WASHINGTON — A bipartisan group of senators proposed new laws on Wednesday to modernize the 135-year-old Electoral Count Act, working to overhaul a regulation that President Donald J. Trump tried to abuse on Jan. 6, 2021, to intrude with Congress’s certification of his election defeat.
The laws goals to assure a peaceable transition from one president to the subsequent, after the Jan. 6 assault on the Capitol demonstrated how the present regulation could possibly be manipulated to disrupt the method. One measure would make it tougher for lawmakers to problem a state’s electoral votes when Congress meets to make its official depend. It would additionally make clear that the vp has no discretion over the outcomes and set out the steps to start a presidential transition.
A second invoice would improve penalties for threats and intimidation of election officers and encourage steps to enhance the dealing with of mail-in ballots by the Postal Service.
Alarmed on the occasions of Jan. 6 that confirmed longstanding flaws within the regulation governing the electoral depend course of, a bipartisan group of lawmakers led by Senators Susan Collins, Republican of Maine, and Joe Manchin III, Democrat of West Virginia, has been assembly for months to strive to agree on a rewrite.
“From the beginning, our bipartisan group has shared a vision of drafting legislation to fix the flaws of the archaic and ambiguous Electoral Count Act of 1887,” 16 senators stated in a joint assertion. “Through numerous meetings and debates among our colleagues as well as conversations with a wide variety of election experts and legal scholars, we have developed legislation that establishes clear guidelines for our system of certifying and counting electoral votes for president and vice president.”
Key Revelations From the Jan. 6 Hearings
Though the authors should not have the minimal 10 Republican senators wanted to assure the laws might make it previous a filibuster and to last passage, they hope to spherical up enough backing for a vote later this 12 months.
The legislative effort started after the Jan. 6 assault, which unfolded as Congress met for the historically routine counting of the electoral ballots that’s the final official affirmation of presidential election outcomes earlier than the inauguration.
In the run-up to the riot, Mr.
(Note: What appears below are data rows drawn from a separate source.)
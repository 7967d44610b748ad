-- ===== src/Chess/Fen/Words.antt =====
-- Words and numbers: what `to_fen` prints between spaces is what `split` and `parse_uint` read.
use plywise.Chess.Fen.{
  is_space, is_digit, finish_word, split_onto, digits_value, parse_uint, decimal_onto, decimal,
}
use plywise.Chess.Square.{Text}
use plywise.Errors.{ok}
use plywise.Prelude.{
  ℕ, zero, suc, ◌+◌, ◌/◌, ◌%◌, ◌<◌, ◌≡◌, ◌≢◌, refl, false, [], ◌∷◌, ◌++◌, arith, All, ltb, some, ap,
  ◌∙◌, Bool-cases, inl, inr,
}
use mathlib.Core.List.{append-nil, append_assoc}

-- No white space in it.
abbrev pub IsWord : Text → Type 0
IsWord = All (λ c. is_space c ≡ false)

-- A word is split off at the space behind it.
pub split_onto-space :
    (w pre rest : Text)
    → IsWord w
    → split_onto pre (w ++ (32 ∷ rest)) ≡ finish_word (pre ++ w) (split_onto [] rest)
unfolding split_onto is_space
split_onto-space [] pre rest h = rw append-nil
split_onto-space (c ∷ cs) pre rest (h, t) = rw h (
    split_onto-space cs (pre ++ c ∷ []) rest t
    ∙ ap (λ v. finish_word v (split_onto [] rest)) (append_assoc pre (c ∷ []) cs))

-- The last word ends with the text.
pub split_onto_end : (w pre : Text) → IsWord w → split_onto pre w ≡ finish_word (pre ++ w) []
unfolding split_onto
split_onto_end [] pre h = rw append-nil
split_onto_end (c ∷ cs) pre (h, t) = rw h (
    split_onto_end cs (pre ++ c ∷ []) t ∙ ap (λ v. finish_word v []) (append_assoc pre (c ∷ []) cs))

decimal_onto-digits_value :
    (fuel n : ℕ) (out : Text)
    → n < fuel
    → digits_value 0 (decimal_onto fuel n out) ≡ digits_value n out
unfolding decimal_onto digits_value is_digit
decimal_onto-digits_value zero n out h = absurd (omega arith)
decimal_onto-digits_value (suc fuel) n out h = elim (Bool-cases (ltb n 10)) [
  | inl small ↦ rw small (ground arith)
  | inr large ↦ rw large (
      decimal_onto-digits_value fuel (n / 10) ((b'0' + n % 10) ∷ out) (ground arith) ∙ ground arith)
]

decimal_onto-IsWord :
    (fuel n : ℕ) (out : Text) → n < fuel → IsWord out → IsWord (decimal_onto fuel n out)
unfolding decimal_onto is_space
decimal_onto-IsWord zero n out h k = k
decimal_onto-IsWord (suc fuel) n out h k = elim (Bool-cases (ltb n 10)) [
  | inl small ↦ rw small (ground arith, k)
  | inr large ↦
      rw large
        (decimal_onto-IsWord fuel (n / 10) ((b'0' + n % 10) ∷ out) (ground arith) (ground arith, k))
]

pub decimal-IsWord : (n : ℕ) → IsWord (decimal n)
unfolding decimal
decimal-IsWord n = decimal_onto-IsWord (suc n) n [] (omega arith) tt

pub decimal_small : (n : ℕ) → n < 10 → decimal n ≡ (b'0' + n) ∷ []
unfolding decimal decimal_onto
decimal_small n h = ground arith

decimal_onto-ne_nil : (fuel n c : ℕ) (out : Text) → decimal_onto fuel n (c ∷ out) ≢ []
unfolding decimal_onto
decimal_onto-ne_nil zero n c out e = cc
decimal_onto-ne_nil (suc fuel) n c out e =
    ground (arith, decimal_onto-ne_nil fuel (n / 10) (b'0' + n % 10) (c ∷ out))

pub decimal-ne_nil : (n : ℕ) → decimal n ≢ []
unfolding decimal decimal_onto
decimal-ne_nil n e = ground (arith, decimal_onto-ne_nil n (n / 10) (b'0' + n % 10) [])

parse_uint_digits :
    (t : Text) (n : ℕ) → t ≢ [] → digits_value 0 t ≡ some n → n < 65536 → parse_uint t ≡ ok n
unfolding parse_uint
parse_uint_digits [] n ne e h = absurd (ne refl)
parse_uint_digits (c ∷ cs) n ne e h = rw (e, parse_uint) (ground arith)

-- A clock or move number of 16 bits is read back from its decimal digits.
pub parse_uint-decimal : (n : ℕ) → n < 65536 → parse_uint (decimal n) ≡ ok n
parse_uint-decimal n h =
    parse_uint_digits (decimal n) n (decimal-ne_nil n)
      (unfold decimal digits_value in decimal_onto-digits_value (suc n) n [] (omega arith)) h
Trump tried unsuccessfully to persuade Vice President Mike Pence — who presided over the session in his capability as president of the Senate — to unilaterally block the tally, citing false claims of election fraud.
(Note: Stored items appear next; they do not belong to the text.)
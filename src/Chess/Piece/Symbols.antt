-- ===== src/Chess/Piece/Symbols.antt =====
-- The symbols of pieces.
use plywise.Chess.Piece.{
  Color, white, black, Piece, PieceType, none, pawn, knight, bishop, rook, queen, king, is_empty,
  piece_symbol, piece_from_symbol, type_index,
}
use plywise.Prelude.{ℕ, ◌≡◌, refl, false, arith}

-- The symbol of a piece, which is not the empty one, is read back as that piece.
pub piece_from_symbol-piece_symbol :
    (p : Piece) → is_empty p ≡ false → piece_from_symbol (piece_symbol p) ≡ p
unfolding piece_symbol piece_from_symbol is_empty type_index
piece_from_symbol-piece_symbol p h = by_cases p.color p.type h
  where
    by_cases :
        (c : Color) (t : PieceType)
        → is_empty (record { color = c; type = t }) ≡ false
        → piece_from_symbol (piece_symbol (record { color = c; type = t }))
          ≡ record { color = c; type = t }
    by_cases white pawn h = refl
    by_cases white knight h = refl
    by_cases white bishop h = refl
    by_cases white rook h = refl
    by_cases white queen h = refl
    by_cases white king h = refl
    by_cases black pawn h = refl
    by_cases black knight h = refl
    by_cases black bishop h = refl
    by_cases black rook h = refl
    by_cases black queen h = refl
    by_cases black king h = refl
    by_cases white none h = cc
    by_cases black none h = cc

-- A character that is read as a piece is that piece's symbol.
pub piece_symbol-piece_from_symbol :
    (c : ℕ) → is_empty (piece_from_symbol c) ≡ false → piece_symbol (piece_from_symbol c) ≡ c
unfolding piece_symbol piece_from_symbol is_empty type_index
piece_symbol-piece_from_symbol c h = ground arith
The new laws focuses primarily on the dealing with of electoral votes and doesn’t incorporate wider voting protections sought by Democrats after some states instituted new legal guidelines seen as making it tougher for folks to vote following Democratic victories in 2020. Senate Republicans have beforehand blocked these voting measures.
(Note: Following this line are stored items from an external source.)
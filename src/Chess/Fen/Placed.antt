-- ===== src/Chess/Fen/Placed.antt =====
-- The placement field: reading what `to_fen` writes gives the squares back.
use plywise.Chess.Board.{read}
use plywise.Chess.Fen.{
  Placement, place_symbol, place, parse_placement, empty_squares, is_digit, show_empty, show_files,
  show_ranks, is_space,
}
use plywise.Chess.Fen.Words.{decimal_small, IsWord, decimal-IsWord}
use plywise.Chess.Make.RoundTrip.{read-set}
use plywise.Chess.Piece.{
  Color, white, black, Piece, PieceType, none, pawn, knight, bishop, rook, queen, king, is_empty,
  no_piece, piece_symbol,
}
use plywise.Chess.Piece.Symbols.{piece_from_symbol-piece_symbol}
use plywise.Chess.Square.{Text}
use plywise.Errors.{ok}
use plywise.Prelude.{
  ℕ, zero, suc, ◌+◌, ◌*◌, ◌<◌, ◌≤◌, ◌≡◌, refl, Bool, true, false, not, ◌&&◌, List, [], ◌∷◌, ◌++◌,
  arith, All-append, if◌then◌else◌, ltb, leb, ◌==◌, ap, sym, ◌∙◌, Bool-cases, inl, inr, length, set,
  length-set, list_ext, get_or,
}
use mathlib.Core.List.{append-nil, append_assoc}

-- A piece's symbol is a letter.
record IsLetter (c : ℕ) : Type 0 where
  no_slash : (c == b'/') ≡ false
  no_digit : is_digit c ≡ false
  no_space : is_space c ≡ false

piece_symbol-IsLetter : (p : Piece) → is_empty p ≡ false → IsLetter (piece_symbol p)
unfolding piece_symbol is_digit is_space is_empty
piece_symbol-IsLetter p h = by_cases p.color p.type h
  where
    by_cases :
        (c : Color) (t : PieceType)
        → is_empty (record { color = c; type = t }) ≡ false
        → IsLetter (piece_symbol (record { color = c; type = t }))
    by_cases white pawn h = record { no_slash = refl; no_digit = refl; no_space = refl }
    by_cases white knight h = record { no_slash = refl; no_digit = refl; no_space = refl }
    by_cases white bishop h = record { no_slash = refl; no_digit = refl; no_space = refl }
    by_cases white rook h = record { no_slash = refl; no_digit = refl; no_space = refl }
    by_cases white queen h = record { no_slash = refl; no_digit = refl; no_space = refl }
    by_cases white king h = record { no_slash = refl; no_digit = refl; no_space = refl }
    by_cases black pawn h = record { no_slash = refl; no_digit = refl; no_space = refl }
    by_cases black knight h = record { no_slash = refl; no_digit = refl; no_space = refl }
    by_cases black bishop h = record { no_slash = refl; no_digit = refl; no_space = refl }
    by_cases black rook h = record { no_slash = refl; no_digit = refl; no_space = refl }
    by_cases black queen h = record { no_slash = refl; no_digit = refl; no_space = refl }
    by_cases black king h = record { no_slash = refl; no_digit = refl; no_space = refl }
    by_cases white none h = absurd (cc)
    by_cases black none h = absurd (cc)

abbrev at_file : List Piece → ℕ → ℕ → Placement
at_file squares rank file = record { squares = squares; rank = rank; file = file }

place_piece :
    (xs : List Piece) (rank file : ℕ) (p : Piece) (rest : Text)
    → is_empty p ≡ false
    → file < 8
    → place (at_file xs rank file) (piece_symbol p ∷ rest)
      ≡ place (at_file (set xs (rank * 8 + file) p) rank (file + 1)) rest
unfolding place place_symbol
place_piece xs rank file p rest h k =
    let l = piece_symbol-IsLetter p h in
    rw (l.no_slash, l.no_digit, piece_from_symbol-piece_symbol p h, h) (ground arith)

place_empty :
    (xs : List Piece) (rank file empty : ℕ) (rest : Text)
    → file + empty ≤ 8
    → place (at_file xs rank file) (show_empty empty ++ rest)
      ≡ place (at_file xs rank (file + empty)) rest
unfolding place place_symbol is_digit show_empty
place_empty xs rank file empty rest h = elim (Bool-cases (empty == 0)) [
  | inl none' ↦ rw none' (ap (λ f. place (at_file xs rank f) rest) (ground arith))
  | inr some' ↦ rw (some', decimal_small empty (omega arith)) (ground arith)
]

-- The squares that a written row puts on a board, this many files to go.
fill_files : ℕ → List Piece → ℕ → ℕ → List Piece → List Piece
fill_files zero xs rank file ys = ys
fill_files (suc n) xs rank file ys =
    let p = read xs (rank * 8 + file) in
    fill_files n xs rank (file + 1) (if is_empty p then ys else set ys (rank * 8 + file) p)

fill_ranks : ℕ → List Piece → List Piece → List Piece
fill_ranks zero xs ys = fill_files 8 xs 0 0 ys
fill_ranks (suc rank) xs ys = fill_ranks rank xs (fill_files 8 xs (suc rank) 0 ys)

place-show_files :
    (n : ℕ) (xs : List Piece) (rank file empty start : ℕ) (ys : List Piece) (rest : Text)
    → file + n ≡ 8
    → start + empty ≡ file
    → place (at_file ys rank start) (show_files n xs rank file empty ++ rest)
      ≡ place (at_file (fill_files n xs rank file ys) rank 8) rest
unfolding show_files fill_files
place-show_files zero xs rank file empty start ys rest h e =
    place_empty ys rank start empty rest (omega arith)
    ∙ ap (λ f. place (at_file ys rank f) rest) (omega arith)
place-show_files (suc n) xs rank file empty start ys rest h e =
    elim (Bool-cases (is_empty (read xs (rank * 8 + file)))) [
      | inl free ↦ rw free (
          place-show_files n xs rank (file + 1) (empty + 1) start ys rest (omega arith)
            (omega arith))
      | inr held ↦
          rw (held, append_assoc)
            (place_empty ys rank start empty _ (omega arith)
              ∙ ap
                  (λ f. place (at_file ys rank f) (
                    piece_symbol (read xs (rank * 8 + file))
                    ∷ (show_files n xs rank (file + 1) 0 ++ rest)))
                  e
              ∙ place_piece ys rank file (read xs (rank * 8 + file)) _ held (omega arith)
              ∙ place-show_files n xs rank (file + 1) 0 (file + 1) _ rest (omega arith)
                  (omega arith))
    ]

place_slash :
    (ys : List Piece) (rank : ℕ) (rest : Text)
    → place (at_file ys (suc rank) 8) (b'/' ∷ rest) ≡ place (at_file ys rank 0) rest
unfolding place place_symbol
place_slash ys rank rest = ground arith

place-show_ranks :
    (rank : ℕ) (xs ys : List Piece)
    → place (at_file ys rank 0) (show_ranks rank xs) ≡ ok (at_file (fill_ranks rank xs ys) 0 8)
unfolding show_ranks fill_ranks
place-show_ranks zero xs ys =
    ap (place (at_file ys 0 0)) (sym (append-nil (show_files 8 xs 0 0 0)))
    ∙ place-show_files 8 xs 0 0 0 0 ys [] (omega arith) (omega arith)
    ∙ unfold place in refl
place-show_ranks (suc rank) xs ys =
    place-show_files 8 xs (suc rank) 0 0 0 ys (b'/' ∷ show_ranks rank xs) (omega arith)
      (omega arith)
    ∙ place_slash (fill_files 8 xs (suc rank) 0 ys) rank (show_ranks rank xs)
    ∙ place-show_ranks rank xs (fill_files 8 xs (suc rank) 0 ys)

length-fill_files :
    (n : ℕ) (xs : List Piece) (rank file : ℕ) (ys : List Piece)
    → length (fill_files n xs rank file ys) ≡ length ys
unfolding fill_files
length-fill_files zero xs rank file ys = refl
length-fill_files (suc n) xs rank file ys =
    length-fill_files n xs rank (file + 1) _
    ∙ ground (arith, length-set ys (rank * 8 + file) (read xs (rank * 8 + file)))

length-fill_ranks : (rank : ℕ) (xs ys : List Piece) → length (fill_ranks rank xs ys) ≡ length ys
unfolding fill_ranks
length-fill_ranks zero xs ys = length-fill_files 8 xs 0 0 ys
length-fill_ranks (suc rank) xs ys =
    length-fill_ranks rank xs _ ∙ length-fill_files 8 xs (suc rank) 0 ys

abbrev over : Bool → Piece → Piece → Piece
over here p q = if here && not (is_empty p) then p else q

read-fill_files :
    (n : ℕ) (xs : List Piece) (rank file : ℕ) (ys : List Piece) (j : ℕ)
    → length ys ≡ 64
    → rank * 8 + file + n ≤ 64
    → read (fill_files n xs rank file ys) j
      ≡ over (leb (rank * 8 + file) j && ltb j (rank * 8 + file + n)) (read xs j) (read ys j)
unfolding fill_files
read-fill_files zero xs rank file ys j s h = ground arith
read-fill_files (suc n) xs rank file ys j s h =
    elim (Bool-cases (is_empty (read xs (rank * 8 + file)))) [
      | inl free ↦
          rw free (read-fill_files n xs rank (file + 1) ys j s (omega arith) ∙ ground arith)
      | inr held ↦ rw held (
          read-fill_files n xs rank (file + 1) _ j (length-set ys _ _ ∙ s) (omega arith)
          ∙ ground (arith, read-set ys (rank * 8 + file) j (read xs (rank * 8 + file)) s))
    ]

read-fill_ranks :
    (rank : ℕ) (xs ys : List Piece) (j : ℕ)
    → length ys ≡ 64
    → rank < 8
    → read (fill_ranks rank xs ys) j ≡ over (ltb j (rank * 8 + 8)) (read xs j) (read ys j)
unfolding fill_ranks
read-fill_ranks zero xs ys j s h = read-fill_files 8 xs 0 0 ys j s (omega arith) ∙ ground arith
read-fill_ranks (suc rank) xs ys j s h =
    read-fill_ranks rank xs (fill_files 8 xs (suc rank) 0 ys) j
      (length-fill_files 8 xs (suc rank) 0 ys ∙ s) (omega arith)
    ∙ ground (arith, read-fill_files 8 xs (suc rank) 0 ys j s (omega arith))

read-empty_squares : (n i : ℕ) → read (empty_squares n) i ≡ no_piece
unfolding empty_squares get_or
read-empty_squares zero i = refl
read-empty_squares (suc n) zero = refl
read-empty_squares (suc n) (suc i) = read-empty_squares n i

length-empty_squares : (n : ℕ) → length (empty_squares n) ≡ n
unfolding empty_squares
length-empty_squares zero = refl
length-empty_squares (suc n) = ap suc (length-empty_squares n)

-- A blank board filled from all ranks is the board.
fill_blank :
    (xs : List Piece)
    → length xs ≡ 64
    → ((i : ℕ) → is_empty (read xs i) ≡ true → read xs i ≡ no_piece)
    → fill_ranks 7 xs (empty_squares 64) ≡ xs
fill_blank xs s k =
    list_ext no_piece _ xs (length-fill_ranks 7 xs _ ∙ length-empty_squares 64 ∙ sym s) λ i h.
      read-fill_ranks 7 xs (empty_squares 64) i (length-empty_squares 64) (omega arith)
      ∙ ground (
        arith,
        k i,
        read-empty_squares 64 i,
        length-fill_ranks 7 xs (empty_squares 64),
        length-empty_squares 64,
      )

-- 64 squares, the empty ones blank, are read back from the placement field.
pub parse_placement-show_ranks :
    (xs : List Piece)
    → length xs ≡ 64
    → ((i : ℕ) → is_empty (read xs i) ≡ true → read xs i ≡ no_piece)
    → parse_placement (show_ranks 7 xs) ≡ ok xs
unfolding parse_placement
parse_placement-show_ranks xs s k =
    rw (place-show_ranks 7 xs (empty_squares 64)) (ap ok (fill_blank xs s k))

show_empty-IsWord : (n : ℕ) → IsWord (show_empty n)
unfolding show_empty
show_empty-IsWord n = elim (Bool-cases (n == 0)) [
  | inl none' ↦ rw none' tt
  | inr some' ↦ rw some' (decimal-IsWord n)
]

show_files-IsWord :
    (n : ℕ) (xs : List Piece) (rank file empty : ℕ) → IsWord (show_files n xs rank file empty)
unfolding show_files
show_files-IsWord zero xs rank file empty = show_empty-IsWord empty
show_files-IsWord (suc n) xs rank file empty =
    elim (Bool-cases (is_empty (read xs (rank * 8 + file)))) [
      | inl free ↦ rw free (show_files-IsWord n xs rank (file + 1) (empty + 1))
      | inr held ↦ rw held (
          All-append _ (show_empty empty) _ (show_empty-IsWord empty) (
            (piece_symbol-IsLetter (read xs (rank * 8 + file)) held).no_space,
            show_files-IsWord n xs rank (file + 1) 0,
          ))
    ]

pub show_ranks-IsWord : (rank : ℕ) (xs : List Piece) → IsWord (show_ranks rank xs)
unfolding show_ranks is_space
show_ranks-IsWord zero xs = show_files-IsWord 8 xs 0 0 0
show_ranks-IsWord (suc rank) xs =
    All-append _ (show_files 8 xs (suc rank) 0 0) _ (show_files-IsWord 8 xs (suc rank) 0 0)
      (refl, show_ranks-IsWord rank xs)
There is widespread sentiment in Congress that some steps want to be taken to bolster the Electoral Count Act, although there could also be disagreement on the particular provisions.
“The Electoral Count Act does need to be fixed,” Senator Mitch McConnell, Republican of Kentucky and the minority chief, instructed reporters on Tuesday, saying he was “sympathetic” to the goals of these engaged on the laws.
Under the proposal to overhaul the vote depend, a state’s governor can be recognized as the only official chargeable for submitting the state’s slate of electors following the presidential vote, barring different officers from doing so.
In an effort to forestall frivolous efforts to object to a state’s electoral depend, a minimal of one-fifth of the House and Senate can be wanted to lodge an objection — a considerable improve from the present threshold of 1 House member and one senator. Objections would nonetheless have to be sustained by a majority of the House and Senate.
Following a standoff over the presidential transition in 2020, when Trump administration officers initially refused to present President-elect Joseph R. Biden Jr. the funding and workplace house to start preparations for assuming energy, the laws would enable multiple candidate to obtain transition assets if the result remained in dispute.
After the push by Mr. Trump and his allies to get Mr. Pence to manipulate the electoral depend in Mr. Trump’s favor, the laws would stipulate that the vp’s function is especially ceremonial and that “he or she does not have any power to solely determine, accept, reject or otherwise adjudicate disputes over electors.”
Beside Ms. Collins, the opposite Republican members of the bipartisan group backing the overhaul are Senators Shelley Moore Capito of West Virginia, Lindsey Graham of South Carolina, Lisa Murkowski of Alaska, Rob Portman of Ohio, Mitt Romney of Utah, Ben Sasse of Nebraska, Thom Tillis of North Carolina and Todd Young of Indiana.
In addition to Mr. Manchin, the Democrats are Senators Benjamin L. Cardin of Maryland, Chris Coons of Delaware, Christopher S. Murphy of Connecticut, Jeanne Shaheen of New Hampshire, Kyrsten Sinema of Arizona and Mark Warner of Virginia.